Exercise goal —
Pull out of the data below the stretch of lines bounded by the one containing "operand_is_null row (CompiledPredicate.gt_timestamp" and the one containing "-- The Boolean", both bounds included, unchanged.

Supplied information —
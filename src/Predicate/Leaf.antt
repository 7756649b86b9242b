-- ===== src/Predicate/Leaf.antt =====
-- Three-valued results, and the leaves of a predicate on a row (`Tri`, `operand_is_null` and
-- `matches_leaf_bool` in crates/cq-core/src/predicate.rs).
use cqserver.Prelude.{
  pos, ◌&&◌, ◌||◌, Bool, true, false, not, none, some, int_eq, ltb_ℤ, leb_ℤ, nat_eq, any, length,
  if◌then◌else◌,
}
use cqserver.Predicate.Values.{str_eq, is_none, Ops, Row, null_long, null_timestamp, column_is_null}
use cqserver.Predicate.Strings.{eval_string, string_fn_eq, string_fn_apply}
use cqserver.Predicate.Numbers.{apply_int, apply_f64, eval_num}
use cqserver.Predicate.Compiled.{CompiledPredicate}

pub data Tri : Type 0 where
  yes no unknown : Tri

abbrev pub tri : Bool → Tri
tri b = if b then yes else no

abbrev pub bool_eq : Bool → Bool → Bool
bool_eq a b = if a then b else not b

abbrev pub and_3vl : Tri → Tri → Tri
and_3vl no b = no
and_3vl yes no = no
and_3vl unknown no = no
and_3vl yes yes = yes
and_3vl yes unknown = unknown
and_3vl unknown yes = unknown
and_3vl unknown unknown = unknown

abbrev pub or_3vl : Tri → Tri → Tri
or_3vl yes b = yes
or_3vl no yes = yes
or_3vl unknown yes = yes
or_3vl no no = no
or_3vl no unknown = unknown
or_3vl unknown no = unknown
or_3vl unknown unknown = unknown

abbrev pub not_3vl : Tri → Tri
not_3vl yes = no
not_3vl no = yes
not_3vl unknown = unknown

module _ {F R : Type 0} (ops : Ops F R) where
  abbrev pub operand_is_null : Row F → CompiledPredicate F R → Bool
  operand_is_null row (CompiledPredicate.eq_double col _) = column_is_null ops (row col)
  operand_is_null row (CompiledPredicate.neq_double col _) = column_is_null ops (row col)
  operand_is_null row (CompiledPredicate.lt_double col _) = column_is_null ops (row col)
  operand_is_null row (CompiledPredicate.le_double col _) = column_is_null ops (row col)
  operand_is_null row (CompiledPredicate.gt_double col _) = column_is_null ops (row col)
  operand_is_null row (CompiledPredicate.ge_double col _) = column_is_null ops (row col)
  operand_is_null row (CompiledPredicate.between_double col _ _) = column_is_null ops (row col)
  operand_is_null row (CompiledPredicate.eq_long col _) = column_is_null ops (row col)
  operand_is_null row (CompiledPredicate.neq_long col _) = column_is_null ops (row col)
  operand_is_null row (CompiledPredicate.lt_long col _) = column_is_null ops (row col)
  operand_is_null row (CompiledPredicate.le_long col _) = column_is_null ops (row col)
  operand_is_null row (CompiledPredicate.gt_long col _) = column_is_null ops (row col)
  operand_is_null row (CompiledPredicate.ge_long col _) = column_is_null ops (row col)
  operand_is_null row (CompiledPredicate.between_long col _ _) = column_is_null ops (row col)
  operand_is_null row (CompiledPredicate.eq_string col _) = column_is_null ops (row col)
  operand_is_null row (CompiledPredicate.neq_string col _) = column_is_null ops (row col)
  operand_is_null row (CompiledPredicate.in_string col _) = column_is_null ops (row col)
  operand_is_null row (CompiledPredicate.in_long col _) = column_is_null ops (row col)
  operand_is_null row (CompiledPredicate.in_double col _) = column_is_null ops (row col)
  operand_is_null row (CompiledPredicate.in_bool col _) = column_is_null ops (row col)
  operand_is_null row (CompiledPredicate.eq_bool col _) = column_is_null ops (row col)
  operand_is_null row (CompiledPredicate.neq_bool col _) = column_is_null ops (row col)
  operand_is_null row (CompiledPredicate.eq_timestamp col _) = column_is_null ops (row col)
  operand_is_null row (CompiledPredicate.neq_timestamp col _) = column_is_null ops (row col)
  operand_is_null row (CompiledPredicate.lt_timestamp col _) = column_is_null ops (row col)
  operand_is_null row (CompiledPredicate.le_timestamp col _) = column_is_null ops (row col)
  operand_is_null row (CompiledPredicate.gt_timestamp col _) = column_is_null ops (row col)
  operand_is_null row (CompiledPredicate.ge_timestamp col _) = column_is_null ops (row col)
  operand_is_null row (CompiledPredicate.between_timestamp col _ _) = column_is_null ops (row col)
  operand_is_null row (CompiledPredicate.in_timestamp col _) = column_is_null ops (row col)
  operand_is_null row (CompiledPredicate.like col _) = column_is_null ops (row col)
  operand_is_null row (CompiledPredicate.regex col _) = column_is_null ops (row col)
  operand_is_null row (CompiledPredicate.eq_string_fn col _ _) = column_is_null ops (row col)
  operand_is_null row (CompiledPredicate.neq_string_fn col _ _) = column_is_null ops (row col)
  operand_is_null row (CompiledPredicate.like_string_fn col _ _) = column_is_null ops (row col)
  operand_is_null row (CompiledPredicate.length_cmp col _ _) = column_is_null ops (row col)
  operand_is_null row (CompiledPredicate.eq_string_expr e _) = is_none (eval_string ops row e)
  operand_is_null row (CompiledPredicate.neq_string_expr e _) = is_none (eval_string ops row e)
  operand_is_null row (CompiledPredicate.like_string_expr e _) = is_none (eval_string ops row e)
  operand_is_null row (CompiledPredicate.compare_num e _ _) = ops.is_nan (eval_num ops row e)
  operand_is_null row (CompiledPredicate.between_num e _ _) = ops.is_nan (eval_num ops row e)
  operand_is_null row _ = false

  -- The Boolean value of a leaf that compares. The null tests have their own.
  abbrev pub matches_leaf_bool : Row F → CompiledPredicate F R → Bool
  matches_leaf_bool row (CompiledPredicate.eq_double col value) =
      not (ops.is_nan (row col).double) && ops.eq_f (row col).double value
  matches_leaf_bool row (CompiledPredicate.neq_double col value) =
      ops.is_nan (row col).double || not (ops.eq_f (row col).double value)
  matches_leaf_bool row (CompiledPredicate.lt_double col value) =
      not (ops.is_nan (row col).double) && ops.lt_f (row col).double value
  matches_leaf_bool row (CompiledPredicate.le_double col value) =
      not (ops.is_nan (row col).double) && ops.le_f (row col).double value
  matches_leaf_bool row (CompiledPredicate.gt_double col value) =
      not (ops.is_nan (row col).double) && ops.lt_f value (row col).double
  matches_leaf_bool row (CompiledPredicate.ge_double col value) =
      not (ops.is_nan (row col).double) && ops.le_f value (row col).double
  matches_leaf_bool row (CompiledPredicate.between_double col low high) =
      not (ops.is_nan (row col).double)
      && (ops.le_f low (row col).double && ops.le_f (row col).double high)
  matches_leaf_bool row (CompiledPredicate.eq_long col value) =
      not (int_eq (row col).long null_long) && int_eq (row col).long value
  matches_leaf_bool row (CompiledPredicate.neq_long col value) =
      int_eq (row col).long null_long || not (int_eq (row col).long value)
  matches_leaf_bool row (CompiledPredicate.lt_long col value) =
      not (int_eq (row col).long null_long) && ltb_ℤ (row col).long value
  matches_leaf_bool row (CompiledPredicate.le_long col value) =
      not (int_eq (row col).long null_long) && leb_ℤ (row col).long value
  matches_leaf_bool row (CompiledPredicate.gt_long col value) =
      not (int_eq (row col).long null_long) && ltb_ℤ value (row col).long
  matches_leaf_bool row (CompiledPredicate.ge_long col value) =
      not (int_eq (row col).long null_long) && leb_ℤ value (row col).long
  matches_leaf_bool row (CompiledPredicate.between_long col low high) =
      not (int_eq (row col).long null_long)
      && (leb_ℤ low (row col).long && leb_ℤ (row col).long high)
  matches_leaf_bool row (CompiledPredicate.eq_string col value) = elim (row col).string [
    | none ↦ false
    | some s ↦ str_eq s value
  ]
  matches_leaf_bool row (CompiledPredicate.neq_string col value) = elim (row col).string [
    | none ↦ true
    | some s ↦ not (str_eq s value)
  ]
  matches_leaf_bool row (CompiledPredicate.in_string col values) = elim (row col).string [
    | none ↦ false
    | some s ↦ any (λ v. str_eq v s) values
  ]
  matches_leaf_bool row (CompiledPredicate.in_long col values) =
      if int_eq (row col).long null_long then false else any (λ v. int_eq v (row col).long) values
  matches_leaf_bool row (CompiledPredicate.in_double col values) =
      if ops.is_nan (row col).double
      then false
      else any (λ v. nat_eq v (ops.to_bits (row col).double)) values
  matches_leaf_bool row (CompiledPredicate.in_bool col values) = elim (row col).bool [
    | none ↦ false
    | some b ↦ any (λ v. bool_eq v b) values
  ]
  matches_leaf_bool row (CompiledPredicate.eq_bool col value) = elim (row col).bool [
    | none ↦ false
    | some b ↦ bool_eq b value
  ]
  matches_leaf_bool row (CompiledPredicate.neq_bool col value) = elim (row col).bool [
    | none ↦ false
    | some b ↦ not (bool_eq b value)
  ]
  matches_leaf_bool row (CompiledPredicate.eq_timestamp col value) =
      not (int_eq (row col).timestamp null_timestamp) && int_eq (row col).timestamp value
  matches_leaf_bool row (CompiledPredicate.neq_timestamp col value) =
      not (int_eq (row col).timestamp null_timestamp) && not (int_eq (row col).timestamp value)
  matches_leaf_bool row (CompiledPredicate.lt_timestamp col value) =
      not (int_eq (row col).timestamp null_timestamp) && ltb_ℤ (row col).timestamp value
  matches_leaf_bool row (CompiledPredicate.le_timestamp col value) =
      not (int_eq (row col).timestamp null_timestamp) && leb_ℤ (row col).timestamp value
  matches_leaf_bool row (CompiledPredicate.gt_timestamp col value) =
      not (int_eq (row col).timestamp null_timestamp) && ltb_ℤ value (row col).timestamp
  matches_leaf_bool row (CompiledPredicate.ge_timestamp col value) =
      not (int_eq (row col).timestamp null_timestamp) && leb_ℤ value (row col).timestamp
  matches_leaf_bool row (CompiledPredicate.between_timestamp col low high) =
      not (int_eq (row col).timestamp null_timestamp)
      && (leb_ℤ low (row col).timestamp && leb_ℤ (row col).timestamp high)
  matches_leaf_bool row (CompiledPredicate.in_timestamp col values) =
      if int_eq (row col).timestamp null_timestamp
      then false
      else any (λ v. int_eq v (row col).timestamp) values
  matches_leaf_bool row (CompiledPredicate.like col pattern) = elim (row col).string [
    | none ↦ false
    | some s ↦ ops.is_match pattern s
  ]
  matches_leaf_bool row (CompiledPredicate.regex col pattern) = elim (row col).string [
    | none ↦ false
    | some s ↦ ops.is_match pattern s
  ]
  matches_leaf_bool row (CompiledPredicate.eq_string_fn col func value) = elim (row col).string [
    | none ↦ false
    | some s ↦ string_fn_eq ops func s value
  ]
  matches_leaf_bool row (CompiledPredicate.neq_string_fn col func value) = elim (row col).string [
    | none ↦ true
    | some s ↦ not (string_fn_eq ops func s value)
  ]
  matches_leaf_bool row (CompiledPredicate.like_string_fn col func pattern) =
      elim (row col).string [
        | none ↦ false
        | some s ↦ ops.is_match pattern (string_fn_apply ops func s)
      ]
  matches_leaf_bool row (CompiledPredicate.length_cmp col op value) = elim (row col).string [
    | none ↦ false
    | some s ↦ apply_int op (pos (length s)) value
  ]
  matches_leaf_bool row (CompiledPredicate.eq_string_expr e value) = elim (eval_string ops row e) [
    | none ↦ false
    | some s ↦ str_eq s value
  ]
  matches_leaf_bool row (CompiledPredicate.neq_string_expr e value) = elim (eval_string ops row e) [
    | none ↦ true
    | some s ↦ not (str_eq s value)
  ]
  matches_leaf_bool row (CompiledPredicate.like_string_expr e pattern) =
      elim (eval_string ops row e) [ none ↦ false | some s ↦ ops.is_match pattern s ]
  matches_leaf_bool row (CompiledPredicate.compare_num e op value) =
      apply_f64 ops op (eval_num ops row e) value
  matches_leaf_bool row (CompiledPredicate.between_num e low high) =
      let v = eval_num ops row e in not (ops.is_nan v) && (ops.le_f low v && ops.le_f v high)
  matches_leaf_bool row (CompiledPredicate.is_null col) = column_is_null ops (row col)
  matches_leaf_bool row (CompiledPredicate.is_not_null col) = not (column_is_null ops (row col))
  matches_leaf_bool row (CompiledPredicate.is_bool col want_true negated) =
      let target : Bool = elim (row col).bool [ some v ↦ bool_eq v want_true | none ↦ false ] in
      if negated then not target else target
  matches_leaf_bool row _ = true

Final answer —
  operand_is_null row (CompiledPredicate.gt_timestamp col _) = column_is_null ops (row col)
  operand_is_null row (CompiledPredicate.ge_timestamp col _) = column_is_null ops (row col)
  operand_is_null row (CompiledPredicate.between_timestamp col _ _) = column_is_null ops (row col)
  operand_is_null row (CompiledPredicate.in_timestamp col _) = column_is_null ops (row col)
  operand_is_null row (CompiledPredicate.like col _) = column_is_null ops (row col)
  operand_is_null row (CompiledPredicate.regex col _) = column_is_null ops (row col)
  operand_is_null row (CompiledPredicate.eq_string_fn col _ _) = column_is_null ops (row col)
  operand_is_null row (CompiledPredicate.neq_string_fn col _ _) = column_is_null ops (row col)
  operand_is_null row (CompiledPredicate.like_string_fn col _ _) = column_is_null ops (row col)
  operand_is_null row (CompiledPredicate.length_cmp col _ _) = column_is_null ops (row col)
  operand_is_null row (CompiledPredicate.eq_string_expr e _) = is_none (eval_string ops row e)
  operand_is_null row (CompiledPredicate.neq_string_expr e _) = is_none (eval_string ops row e)
  operand_is_null row (CompiledPredicate.like_string_expr e _) = is_none (eval_string ops row e)
  operand_is_null row (CompiledPredicate.compare_num e _ _) = ops.is_nan (eval_num ops row e)
  operand_is_null row (CompiledPredicate.between_num e _ _) = ops.is_nan (eval_num ops row e)
  operand_is_null row _ = false

  -- The Boolean value of a leaf that compares. The null tests have their own.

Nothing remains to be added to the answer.